• [THE DATA]:
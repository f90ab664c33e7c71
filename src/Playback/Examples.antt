-- ===== src/Playback/Examples.antt =====
-- A playback of src/transaction.rs on which the theorems about it are run.
use elektro_em_eukal.Base.{ℕ, ◌^◌, ◌-◌, refl, arith, true, false, none, some, [], ◌∷◌, update}
use elektro_em_eukal.Anchors.{Store, State, JournalAnchor}
use elektro_em_eukal.Playback.{Playback, rewind_playback, submit_journal_anchor}
use elektro_em_eukal.Playback.Rewinds.{Rewinds, rewind_playback-Rewinds}
use elektro_em_eukal.Playback.Submits.{IsPlayback, submit_journal_anchor-IsPlayback}

abbrev submitted_at : ℕ → JournalAnchor
submitted_at instant = record {
  transaction_anchor = 0;
  creation_instant = none;
  submit_instant = instant;
  submitted = true;
  rolled_back = false;
  wake_up_others = true;
  next = none;
}

-- Journal 1 was submitted at the instant 2, journal 2 at 5, and journal 3 without bound; journal 4
-- is open under the identifier 9.
abbrev recovered : Store
recovered = record {
  transactions = λ a. record {
    state = State.active;
    prepare_instant = 0;
    commit_instant = 0;
    waiting_readers = [];
  };
  journals =
      update (update (update (λ j. submitted_at 0) 1 (submitted_at 2)) 2 (submitted_at 5)) 3
        (submitted_at (2 ^ 32 - 1));
  results = λ p. record { poisoned = false; result = none; waker = none };
  tasks = [];
  channel_bound = 2;
  woken = [];
}

abbrev example_playback : Playback
example_playback = record {
  journal_anchor_map = (9, 4) ∷ [];
  submitted_journal_anchors =
      record { instant = 5; journal = 2 } ∷ (record { instant = 2; journal = 1 } ∷ []);
  submitted_unbounded_journal_anchors = 3 ∷ [];
  xid = none;
  anchor = 0;
}

abbrev example_playback-IsPlayback : IsPlayback recovered example_playback
example_playback-IsPlayback = (
  ((refl, (refl, tt)), ((omega arith, tt), (tt, tt))),
  (tt, tt),
  (((λ e. omega (arith, e)), ((λ e. omega (arith, e)), tt)), tt),
)

rewind_playback-Rewinds_example :
    Rewinds 2 example_playback recovered (rewind_playback (some 2) example_playback recovered)
rewind_playback-Rewinds_example =
    rewind_playback-Rewinds (some 2) example_playback recovered (omega arith)
      example_playback-IsPlayback.0

-- Journal 4 is submitted between the other two.
submit_journal_anchor-IsPlayback_example :
    let (p, st) = submit_journal_anchor 9 3 example_playback recovered in IsPlayback st p
submit_journal_anchor-IsPlayback_example =
    submit_journal_anchor-IsPlayback 9 3 example_playback recovered example_playback-IsPlayback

• [DIRECTIONS FOR THIS TASK]:
Pull every line holding "none" out of the records.

• [TASK RESULT]:
use elektro_em_eukal.Base.{ℕ, ◌^◌, ◌-◌, refl, arith, true, false, none, some, [], ◌∷◌, update}
  creation_instant = none;
  next = none;
  results = λ p. record { poisoned = false; result = none; waker = none };
  xid = none;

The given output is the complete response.